[WHIMSICAL MUSIC] So I guess the first question I have is around data integrity and validation rules, techniques, et cetera. And I get the intent-- you know, ensuring data remains accurate and consistent across this life cycle, et cetera.
Well, I would think if you're migrating databases from one platform to another or within the platform, you absolutely want to maintain the consistency. So I think the first thing you need to know is, are you fully aware of the validations and integrity checks that are in place? So that exists in a number of different places-- potentially, some of it may exist in the database. Some of it may exist in the application code.
One place where it should-- and if you're doing things right in your organization, one place where I guarantee you that it always exists-- would be in a data model for that database, right? Because The whole data modeling process is to really tease out of the business user, what are the business rules behind how data is entered, stored, delivered, managed, things like that?
And you want to be able to understand that both from a business perspective as well as a technical perspective, meaning, how are we implementing that in our database of choice? And that implementation-- there's the crux of it-- may be different from one platform to another. So this is a real key area where I think having a strong data modeling practice will put you ahead of the game.
Now, if you've had a data modeling practice in place, I would assume that you have been documenting this in the data model. Right? That logical model that shows the business needs in terms of validating data and making sure that only appropriate data can be entered into a specific database. And then within that data model, you would actually have that documented.

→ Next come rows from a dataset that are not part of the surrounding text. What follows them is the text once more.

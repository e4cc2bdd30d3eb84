-- ===== src/Line/Same.antt =====
-- What receiving a packet leaves as it is.
use tinyssh.Common.{
  ℕ, zero, suc, ◌+◌, ◌≡◌, refl, sym, ap, ◌∙◌, Bool, true, false, if◌then◌else◌, arith, inl, inr,
  ltb, Outcome, ok, Returns, Returns-bind, Returns-if, Returns-check, Returns_map,
  too_many_messages, not, ◌&&◌, ◌==◌, ◌<◌, get_or, >>=-eq-ok, Returns_ok, Bool-cases, if-true,
  if-false, receive_overflow,
}
use tinyssh.Buf.{Buf, buf_purge}
use tinyssh.Channel.{ReadResult}
use tinyssh.Packet.{Packet, Cipher, unauthenticated_messages}
use tinyssh.Packet.Get.{
  Got, answer, unfinished, Verdict, stop, skip, deliver, classify, packet_get, get_loop, get_round,
  packet_get_any,
}
use tinyssh.Packet.Plain.{packet_get_plain}
use tinyssh.Packet.Rounds.{after_check}
use tinyssh.Packet.Queue
use tinyssh.Line.{Line, packet_getall}
use tinyssh.Line.Waits.{LoopKeeps, packet_getall-LoopKeeps}

-- What a cipher leaves as it is: the state of the session.
pub record Same (p q : Packet) : Type 0 where
  pub flagkeys : q.flagkeys ≡ p.flagkeys
  pub flagauthorized : q.flagauthorized ≡ p.flagauthorized
  pub flagrekeying : q.flagrekeying ≡ p.flagrekeying
  pub strict_kex : q.strict_kex ≡ p.strict_kex

abbrev pub KeepsSession : Cipher → Type 0
KeepsSession cipher =
    (p q : Packet) (b c : Buf) (more : Bool) → cipher.get p b ≡ ok (more, c, q) → Same p q

pub Same-refl : (p : Packet) → Same p p
Same-refl p = record {
  flagkeys = refl;
  flagauthorized = refl;
  flagrekeying = refl;
  strict_kex = refl;
}

get_plain-Same :
    (p q : Packet) (b c : Buf) (more : Bool) → packet_get_plain p b ≡ ok (more, c, q) → Same p q
unfolding packet_get_plain
get_plain-Same p q b c more h = ground (arith, h)

get_any-Same :
    (cipher : Cipher) (p q : Packet) (b c : Buf) (more : Bool)
    → KeepsSession cipher
    → packet_get_any cipher p b ≡ ok (more, c, q)
    → Same p q
unfolding packet_get_any
get_any-Same cipher p q b c more keeps h =
    let (r, taken, checked) =
      >>=-eq-ok (if p.flagkeys then cipher.get p b else packet_get_plain p b) _ h in
    let taken' : (if p.flagkeys then cipher.get p b else packet_get_plain p b) ≡ ok (more, c, q) =
      taken
      ∙ ap ok (
          after_check (ltb (r.2).receivepacketid p.receivepacketid) receive_overflow r _ checked) in
    elim (Bool-cases p.flagkeys) [
      | inl keyed ↦
          keeps p q b c more (sym (if-true (cipher.get p b) (packet_get_plain p b) keyed) ∙ taken')
      | inr plain ↦
          get_plain-Same p q b c more
            (sym (if-false (cipher.get p b) (packet_get_plain p b) plain) ∙ taken')
    ]

recv-Same :
    (p q : Packet) (t : Bool) (r : ReadResult) → Queue.packet_recv p (λ n. r) ≡ ok (t, q) → Same p q
unfolding Queue.packet_recv
recv-Same p q t r h = ground (arith, h)

pub Same-trans : {p q r : Packet} → Same p q → Same q r → Same p r
Same-trans a b = record {
  flagkeys = b.flagkeys ∙ a.flagkeys;
  flagauthorized = b.flagauthorized ∙ a.flagauthorized;
  flagrekeying = b.flagrekeying ∙ a.flagrekeying;
  strict_kex = b.strict_kex ∙ a.strict_kex;
}

classify-Same :
    (p q : Packet) (expected m : ℕ) (v : Verdict) → classify p expected m ≡ ok (v, q) → Same p q
unfolding classify
classify-Same p q expected m v h = ground (arith, h)

abbrev GotSame : Packet → Got → Type 0
GotSame p (answer more c q) = Same p q
GotSame p unfinished = Unit

-- Of a round, and of its answer.
abbrev RoundSame : Packet → Bool × Got × Buf × Packet → Type 0
RoundSame p (again, got, b, q) = Same p q × GotSame p got

module _ (cipher : Cipher) (keeps : KeepsSession cipher) where
  get_round-Same :
      (p : Packet) (b : Buf) (expected : ℕ) → Returns (get_round cipher p b expected) (RoundSame p)
  unfolding get_round
  get_round-Same p b expected = Returns-bind (RoundSame p) (buf_purge b) _ (λ b e.
      Returns-bind (RoundSame p) (packet_get_any cipher p b) _ (λ (more, c, q) e.
        let s = get_any-Same cipher p q b c more keeps e in
        Returns-if (RoundSame p) (not more) _ _ (λ t. (s, s))
          (λ t.
            Returns-if (RoundSame p) (c.len == 0) _ _ (λ t. (s, s))
              (λ t.
                Returns-check (RoundSame p)
                  (not q.flagauthorized && ltb unauthenticated_messages q.receivepacketid)
                  too_many_messages _
                  (Returns-bind (RoundSame p) (classify q expected (get_or c.mem 0 0)) _
                    (λ (v, q') e.
                      verdict v c
                        (Same-trans s (classify-Same q q' expected (get_or c.mem 0 0) v e))))))))
    where
      verdict :
          {q : Packet} (v : Verdict) (b : Buf)
          → Same p q
          → Returns
              (elim v [
                | stop ↦ ok (false, answer false b q, b, q)
                | skip ↦ ok (true, unfinished, b, q)
                | deliver ↦ ok (false, answer true b q, b, q)
              ])
              (RoundSame p)
      verdict stop b s = (s, s)
      verdict skip b s = (s, tt)
      verdict deliver b s = (s, s)

  get_loop-Same :
      (fuel : ℕ) (p : Packet) (b : Buf) (expected : ℕ)
      → Returns (get_loop cipher fuel p b expected) (GotSame p)
  unfolding get_loop
  get_loop-Same zero p b expected = tt
  get_loop-Same (suc fuel) p b expected =
      Returns-bind (GotSame p) (get_round cipher p b expected) _ (λ (again, got, c, q) e.
        let (s, g) =
          Returns_ok (RoundSame p) (get_round cipher p b expected) (get_round-Same p b expected)
            e in
        more_rounds _ again got s g (get_loop-Same fuel q c expected))
    where
      through : {q : Packet} → Same p q → (got : Got) → GotSame q got → GotSame p got
      through s (answer more c r) g = Same-trans s g
      through s unfinished g = tt

      more_rounds :
          {q : Packet} (m : Outcome Got) (again : Bool) (got : Got)
          → Same p q
          → GotSame p got
          → Returns m (GotSame q)
          → Returns (elim again [ true ↦ m | false ↦ ok got ]) (GotSame p)
      more_rounds m true got s g r = Returns_map (through s) m r
      more_rounds m false got s g r = g

  -- With a cipher that does, receiving a packet keeps the flags of the session.
  pub packet_getall-Same :
      (l l' : Line) (b c : Buf) (expected : ℕ) (more : Bool)
      → packet_getall cipher l b expected ≡ ok (more, c, l')
      → Same l.packet l'.packet
  unfolding packet_get
  packet_getall-Same l l' b c expected more h =
      (Returns_ok
        (LoopKeeps cipher expected (Same l.packet) (λ more c. Unit) gets receives (λ c. tt)) _
        (packet_getall-LoopKeeps cipher expected (Same l.packet) (λ more c. Unit) gets receives
          (λ c. tt) l b (Same-refl l.packet))
        h).0
    where
      gets :
          (p q : Packet) (b c : Buf) (more : Bool)
          → Same l.packet p
          → packet_get cipher p b expected ≡ ok (answer more c q)
          → Same l.packet q × ((more ≡ true → 0 < c.len) → Unit {0})
      gets p q b c more s e = (
        Same-trans s (
            Returns_ok (GotSame p) (packet_get cipher p b expected)
              (get_loop-Same (p.recvbuf.len + 1) p b expected) e),
        λ h. tt,
      )

      receives :
          (p q : Packet) (t : Bool) (r : ReadResult)
          → Same l.packet p
          → Queue.packet_recv p (λ n. r) ≡ ok (t, q)
          → Same l.packet q
      receives p q t r s e = Same-trans s (recv-Same p q t r e)
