-- ===== src/Controller.antt =====
-- `service.go` and `admin.go` of internal/controller: the operations on networks and members over
-- the store. A clock gives the times that a call reads, in their order.
pub mod Actions
pub mod Admin
pub mod Addresses
pub mod Outcomes
pub mod Members
pub mod Authorization
pub mod Preserved
pub mod Operations
pub mod MemberOperations
pub mod Config
pub mod Calls
mod Examples
use ztgotroller.Base.{
  ℕ, zero, suc, ◌+◌, ◌*◌, ◌%◌, Bool, true, false, not, ◌&&◌, ◌||◌, List, Bytes, Option, none, some,
  ltb, ◌==◌, if◌then◌else◌, bytes_eq, get_be, bit_and, Result, ok, err, ◌≡◌,
}
use ztgotroller.Controller.Actions.{
  Error, store_error, invalid_identifier, foreign_network, sequence_too_large, no_randomness,
  no_free_identifier, Action, ◌>>=◌, ◌>>◌, return, fail, fail_when, reading, writing, attempt,
  checked,
}
use ztgotroller.Domain.Ids.{
  IdError, NetworkId, NodeId, controller_id, new_network_id, validate_hex_id,
}
use ztgotroller.Domain.Members.{Member, new_member}
use ztgotroller.Domain.Networks.{Network, new_network}
use ztgotroller.Netip.{Time}
use ztgotroller.Store.{
  Context, Store, not_found, already_exists, conflict, create_network, get_network, save_network,
  create_member, get_member, save_member,
}

-- The fields of the service beside its store, clock and mutex; `notifies` is whether there is a
-- handler for deauthorizations.
pub record Service : Type 0 where
  pub controller : NodeId
  pub notifies : Bool

abbrev pub Clock : Type 0
Clock = ℕ → Time

-- `New`.
unfoldable pub new : NodeId → Result IdError Service
new controller = elim (validate_hex_id controller 10) [
  | err e ↦ err e
  | ok _ ↦ ok (record { controller = controller; notifies = false })
]

abbrev pub match_owner : Service → Result IdError NodeId → Action (Unit {0})
match_owner service (err e) = fail (invalid_identifier e)
match_owner service (ok owner) = fail_when (not (bytes_eq owner service.controller)) foreign_network

unfoldable pub validate_owned_network : Service → NetworkId → Action (Unit {0})
validate_owned_network service id = match_owner service (controller_id id)

unfoldable pub create_controller_network : Service → Context → ℕ → Bytes → Time → Action Network
create_controller_network service context sequence name now = do
  fail_when (ltb 0x00ffffff sequence) sequence_too_large
  let id = new_network_id service.controller sequence
  writing (create_network context (record (new_network id now) { name = name }))
  reading (get_network context id)

-- `errors.Is(err, store.ErrAlreadyExists)`, and the same of `ErrNotFound`.
abbrev pub is_already_exists : Error → Bool
is_already_exists (store_error already_exists) = true
is_already_exists _ = false

abbrev pub is_not_found : Error → Bool
is_not_found (store_error not_found) = true
is_not_found _ = false

-- The 24-bit sequence of four random bytes, where 0 becomes 1.
abbrev pub sequence_of : Bytes → ℕ
sequence_of bytes =
    let sequence = bit_and (get_be bytes) 0x00ffffff in if sequence == 0 then 1 else sequence

-- `if errors.Is(err, store.ErrAlreadyExists) { continue }; return network, err`
abbrev pub again_if : Bool → Action Network → Error → Action Network
again_if true again e = again
again_if false again e = fail e

abbrev pub retry : Action Network → Result Error Network → Action Network
retry again (ok network) = return network
retry again (err e) = again_if (is_already_exists e) again e

abbrev pub with_random : Option Bytes → (Bytes → Action Network) → Action Network
with_random none next = fail no_randomness
with_random (some bytes) next = next bytes

-- The loop of `CreateRandomNetwork` and `CreateRandomNetworkWithUpdate`, over what creates a
-- network; `random` is what `rand.Read` returns in each attempt.
unfoldable pub create_random_loop :
    (ℕ → Option Bytes) → (ℕ → ℕ → Action Network) → ℕ → ℕ → Action Network
create_random_loop random create number zero = fail no_free_identifier
create_random_loop random create number (suc attempts) = with_random (random number) (λ bytes.
    attempt (create number (sequence_of bytes))
    >>= retry (create_random_loop random create (suc number) attempts))

unfoldable pub create_random_network :
    Service → Context → Bytes → (ℕ → Option Bytes) → Clock → Action Network
create_random_network service context name random clock =
    create_random_loop random
      (λ number sequence. create_controller_network service context sequence name (clock number)) 0
      100000

-- Behind `CreateMember`: a member that another call has registered is as good.
abbrev pub created_or_found : Action Member → Result Error (Unit {0}) → Action Member
created_or_found again (ok _) = again
created_or_found again (err e) = do fail_when (not (is_already_exists e)) e; again

abbrev pub existing_or_created : Action Member → Result Error Member → Action Member
existing_or_created create (ok member) = return member
existing_or_created create (err e) = do fail_when (not (is_not_found e)) e; create

unfoldable pub register_member : Service → Context → NetworkId → NodeId → Time → Action Member
register_member service context network_id node_id now = do
  validate_owned_network service network_id
  checked (validate_hex_id node_id 10)
  existing ← attempt (reading (get_member context network_id node_id))
  existing_or_created
      (attempt (writing (create_member context (new_member network_id node_id now)))
        >>= created_or_found (reading (get_member context network_id node_id)))
      existing

unfoldable pub member_has_specialist_role : Member → Bool
member_has_specialist_role member =
    member.active_bridge || member.network_relay || member.multicast_replicator

unfoldable pub bump_network_revision : Context → NetworkId → Time → Action (Unit {0})
bump_network_revision context id now = do
  network ← reading (get_network context id)
  writing (save_network context (record network { updated_at = now }))

abbrev pub bump_if : Bool → Context → NetworkId → Time → Action (Unit {0})
bump_if true context id now = bump_network_revision context id now
bump_if false context id now = return tt

-- What the handler for deauthorizations is called with.
pub record Deauthorization : Type 0 where
  pub network_id : NetworkId
  pub node_id : NodeId
  pub at : Time

abbrev pub with_authorization : Bool → Clock → Member → Member
with_authorization true clock member = record member {
  authorized = true;
  last_authorized_at = clock 0;
  updated_at = clock 1;
}
with_authorization false clock member = record member {
  authorized = false;
  last_deauthorized_at = clock 0;
  updated_at = clock 1;
}

abbrev pub bool_eq : Bool → Bool → Bool
bool_eq true b = b
bool_eq false b = not b

-- Behind the checks, where the flag changes. The result comes with the call of the handler, where
-- there is one.
unfoldable pub save_authorized :
    Service
    → Context
    → NetworkId
    → NodeId
    → Bool
    → Clock
    → Member
    → Action (Member × Option Deauthorization)
save_authorized service context network_id node_id authorized clock member = do
  let changed = with_authorization authorized clock member
  writing (save_member context changed)
  bump_if (member_has_specialist_role changed) context network_id (clock 2)
  saved ← reading (get_member context network_id node_id)
  return (
    saved,
    if not authorized && service.notifies
        then some (record { network_id = network_id; node_id = node_id; at = changed.updated_at })
        else none,
  )

unfoldable pub set_member_authorization :
    Service
    → Context
    → NetworkId
    → NodeId
    → Bool
    → ℕ
    → Clock
    → Action (Member × Option Deauthorization)
set_member_authorization service context network_id node_id authorized revision clock = do
  validate_owned_network service network_id
  member ← reading (get_member context network_id node_id)
  fail_when (not (member.revision == revision)) (store_error conflict)
  if bool_eq member.authorized authorized
      then return (member, none)
      else save_authorized service context network_id node_id authorized clock member
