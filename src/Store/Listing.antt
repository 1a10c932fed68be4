-- ===== src/Store/Listing.antt =====
-- `ListNetworks` and `ListMembers` of memory.go. The order of a range over a map is left open by Go;
-- the sort by distinct identifiers leaves one result.
use ztgotroller.Base.{
  List, [], ◌∷◌, Bytes, find, bytes_keys, Result, ok, ◌>>=◌, ◌>>◌, if◌then◌else◌,
}
use ztgotroller.Domain.Ids.{NetworkId}
use ztgotroller.Domain.Members.{Member}
use ztgotroller.Domain.Networks.{Network}
use ztgotroller.Netip.{bytes_lt}
use ztgotroller.Store.{Context, Store, StoreError, context_err, inner, or_fail, not_found}

module _ {A : Type 0} (key : A → Bytes) where
  abbrev pub insert_by : A → List A → List A
  insert_by x [] = x ∷ []
  insert_by x (y ∷ ys) =
      let later = insert_by x ys in if bytes_lt (key y) (key x) then y ∷ later else x ∷ y ∷ ys

  -- `sort.Slice` on the key.
  abbrev pub sort_by : List A → List A
  sort_by [] = []
  sort_by (x ∷ xs) = insert_by x (sort_by xs)

abbrev pub values : {K V : Type 0} → List (K × V) → List V
values [] = []
values ((k, v) ∷ m) = v ∷ values m

unfoldable pub list_networks : Context → Store → Result StoreError (List Network)
list_networks context s = do
  context_err context
  ok (sort_by (λ (n : Network). n.id) (values s.networks))

unfoldable pub list_members : Context → NetworkId → Store → Result StoreError (List Member)
list_members context network_id s = do
  context_err context
  _ ← or_fail (find network_id s.networks) not_found
  ok (sort_by (λ (m : Member). m.node_id) (values (inner network_id s.members)))
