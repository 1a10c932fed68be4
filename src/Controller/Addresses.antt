-- ===== src/Controller/Addresses.antt =====
-- `ipam.go`: the addresses that the controller assigns by itself. The mutex makes the part behind it
-- one step.
pub mod Search
pub mod Assigned
pub mod Ensured
use ztgotroller.Base.{
  ℕ, zero, suc, Bool, true, false, not, ◌&&◌, ◌||◌, List, [], ◌∷◌, ◌++◌, Option, none, some, length,
  ◌==◌, is_among, map, if◌then◌else◌,
}
use ztgotroller.Controller.{bool_eq}
use ztgotroller.Controller.Actions.{Action, ◌>>=◌, ◌>>◌, return, reading, writing, checked_value}
use ztgotroller.Domain.Ids.{NetworkId}
use ztgotroller.Domain.Members.{Member, validate_member}
use ztgotroller.Domain.Networks.{Network, Route, IpPool}
use ztgotroller.Netip.{Addr, addr_keys, is_valid, is4, addr_above, addr_next, prefix_contains, Time}
use ztgotroller.Store.{Context, get_member, save_member}
use ztgotroller.Store.Listing.{list_members}

abbrev pub max_ipam_pool_scan : ℕ
max_ipam_pool_scan = 1048576

unfoldable pub address_has_managed_route : List Route → Addr → Bool
address_has_managed_route [] address = false
address_has_managed_route (route ∷ routes) address =
    prefix_contains route.target address || address_has_managed_route routes address

unfoldable pub has_address_family : List Addr → Bool → Bool
has_address_family [] ipv4 = false
has_address_family (address ∷ addresses) ipv4 =
    bool_eq (is4 address) ipv4 || has_address_family addresses ipv4

-- How the loop over a pool ends: with an address, with too many addresses scanned, or at the end of
-- the pool with so many that may still be scanned.
pub data Scan : Type 0 where
  found : Addr → Scan
  gave_up : Scan
  passed : ℕ → Scan

abbrev pub is_past : Addr → Addr → Bool
is_past candidate end = not (is_valid candidate) || addr_above candidate end

abbrev pub is_taken : List Route → List Addr → Addr → Bool
is_taken routes used candidate =
    is_among candidate used || not (address_has_managed_route routes candidate)

-- The inner loop of `firstAvailableAddress`, on how many addresses may still be scanned.
unfoldable pub scan_pool : List Route → List Addr → Addr → ℕ → Addr → Scan
scan_pool routes used end zero candidate = if is_past candidate end then passed zero else gave_up
scan_pool routes used end (suc left) candidate = elim (is_past candidate end) [
  | true ↦ passed (suc left)
  | false ↦ elim (is_taken routes used candidate) [
    | true ↦ scan_pool routes used end left (addr_next candidate)
    | false ↦ found candidate
  ]
]

-- The outer loop.
unfoldable pub scan_pools : List Route → List Addr → Bool → ℕ → List IpPool → Option Addr
scan_pools routes used ipv4 left [] = none
scan_pools routes used ipv4 left (pool ∷ pools) = elim (bool_eq (is4 pool.start) ipv4) [
  | false ↦ scan_pools routes used ipv4 left pools
  | true ↦ elim (scan_pool routes used pool.end left pool.start) [
    | found address ↦ some address
    | gave_up ↦ none
    | passed more ↦ scan_pools routes used ipv4 more pools
  ]
]

unfoldable pub first_available_address : Network → List Addr → Bool → Option Addr
first_available_address network used ipv4 =
    scan_pools network.routes used ipv4 max_ipam_pool_scan network.ip_pools

-- The set of the addresses of all members.
abbrev pub used_addresses : List Member → List Addr
used_addresses [] = []
used_addresses (member ∷ members) = member.ip_assignments ++ used_addresses members

-- `if need { if address, ok := firstAvailableAddress(...) }`
abbrev pub wanted_address : Bool → Network → List Addr → Bool → Option Addr
wanted_address true network used ipv4 = first_available_address network used ipv4
wanted_address false network used ipv4 = none

abbrev pub as_list : Option Addr → List Addr
as_list none = []
as_list (some address) = address ∷ []

-- The new addresses, an IPv4 address before an IPv6 one.
unfoldable pub new_addresses : Network → List Addr → Bool → Bool → List Addr
new_addresses network used need4 need6 =
    let four = as_list (wanted_address need4 network used true) in
    four ++ as_list (wanted_address need6 network (four ++ used) false)

abbrev pub needs_family : Bool → Member → Bool → Bool
needs_family enabled member ipv4 = enabled && not (has_address_family member.ip_assignments ipv4)

abbrev pub save_assigned : Context → NetworkId → Time → List Addr → Member → Action Member
save_assigned context id now [] current = return current
save_assigned context id now (a ∷ addresses) current = do
  let changed = record current {
    ip_assignments = current.ip_assignments ++ (a ∷ addresses);
    updated_at = now;
  }
  checked_value (validate_member changed)
  writing (save_member context changed)
  reading (get_member context id current.node_id)

-- Behind the mutex.
unfoldable pub assign_addresses : Context → Network → Member → Time → Action Member
assign_addresses context network member now = do
  current ← reading (get_member context network.id member.node_id)
  let need4 = needs_family network.assignment.ipv4_zerotier current true
  let need6 = needs_family network.assignment.ipv6_zerotier current false
  if current.no_auto_assign || (not need4 && not need6) then return current else (do
    members ← reading (list_members context network.id)
    save_assigned context network.id now
        (new_addresses network (used_addresses members) need4 need6) current)

unfoldable pub ensure_automatic_assignments : Context → Network → Member → Time → Action Member
ensure_automatic_assignments context network member now =
    let need4 = needs_family network.assignment.ipv4_zerotier member true in
    let need6 = needs_family network.assignment.ipv6_zerotier member false in
    if member.no_auto_assign || length network.ip_pools == 0 || (not need4 && not need6)
    then return member
    else assign_addresses context network member now
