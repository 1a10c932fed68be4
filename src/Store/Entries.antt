-- ===== src/Store/Entries.antt =====
-- Lookups in the maps of maps of the store.
use ztgotroller.Base.{
  Option-cases, inl, inr, ◌&&◌, ◌≡◌, refl, arith, List, [], Option, none, some, bytes_keys,
  bytes_eq, bytes_eq_iff, find, put, remove, find-put, find-remove, if◌then◌else◌,
}
use ztgotroller.Domain.Ids.{NetworkId, NodeId}
use ztgotroller.Store.{inner, remove_inner}

module _ {V : Type 0} where
  -- `outer[id][node]`
  abbrev pub entry : NetworkId → NodeId → List (NetworkId × List (NodeId × V)) → Option V
  entry id node outer = find node (inner id outer)

  inner-put :
      (k j : NetworkId) (v : List (NodeId × V)) (m : List (NetworkId × List (NodeId × V)))
      → inner j (put k v m) ≡ (if bytes_eq k j then v else inner j m)
  inner-put k j v m = ground (arith, find-put k j v m)

  inner-remove :
      (k j : NetworkId) (m : List (NetworkId × List (NodeId × V)))
      → inner j (remove k m) ≡ (if bytes_eq k j then [] else inner j m)
  inner-remove k j m = ground (arith, find-remove k j m)

  pub entry-put :
      (k j : NetworkId) (node n : NodeId) (v : V) (m : List (NetworkId × List (NodeId × V)))
      → entry j n (put k (put node v (inner k m)) m)
        ≡ (if bytes_eq k j && bytes_eq node n then some v else entry j n m)
  entry-put k j node n v m = ground (
    arith,
    inner-put k j (put node v (inner k m)) m,
    find-put node n v (inner k m),
    bytes_eq_iff k j,
  )

  pub entry-remove :
      (k j : NetworkId) (n : NodeId) (m : List (NetworkId × List (NodeId × V)))
      → entry j n (remove k m) ≡ (if bytes_eq k j then none else entry j n m)
  unfolding find
  entry-remove k j n m = ground (arith, inner-remove k j m)

  find_nothing : (n : NodeId) → find {V = V} n [] ≡ none
  unfolding find
  find_nothing n = refl

  pub entry-remove_inner :
      (k j : NetworkId) (node n : NodeId) (m : List (NetworkId × List (NodeId × V)))
      → entry j n (remove_inner k node m)
        ≡ (if bytes_eq k j && bytes_eq node n then none else entry j n m)
  entry-remove_inner k j node n m = elim (Option-cases (find k m)) [
    | inl absent ↦ ground (arith, bytes_eq_iff k j, find_nothing n)
    | inr (found, present) ↦
        ground
          (arith, find-put k j (remove node found) m, find-remove node n found, bytes_eq_iff k j)
  ]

Let's say right now, that database currently sits in Oracle-- how that's implemented in Oracle, whether they have a mechanism for valid values, those types of things, or stored procedures that they go through and do all of that. So the real key here is to be able to figure out what you have. And if you don't have a data modeling practice in place and you haven't done that, work up front, the data modeling tool can still really help you, because now, you can at least reverse-engineer what exists in your existing instance and pull that logic out of what's been implemented.
Then, I would go back, use that to have a conversation with my partners in the business to make sure that this is still appropriate moving forward in our [? to-be ?] world that we're migrating to, and then be able to leverage the data modeling tool to basically migrate those validation rules to the new platform, because the way it's implemented in Oracle will be very different from how it's implemented in a Postgres or a SQL Server.
So being able to have that, capture that, go through the analysis, make sure that it's correct as it stands or needs to be modified in x, y, z different way, and then being able to model in that environment without actually having to go out and build a database in this new platform and start entering it there, and then leverage the automation that exists in the data modeling tool to be able to forward-engineer those validation rules with integrity, and then use the complete-compare capability to make sure that they've maintained that integrity from where they are today and where you want them to be at the end of this migration.
Danny, I should have called you yesterday. I wasted so many hours looking that up. I completely get that now. Totally. Appreciate it. Like, it really is-- it gets down to clean data, you know?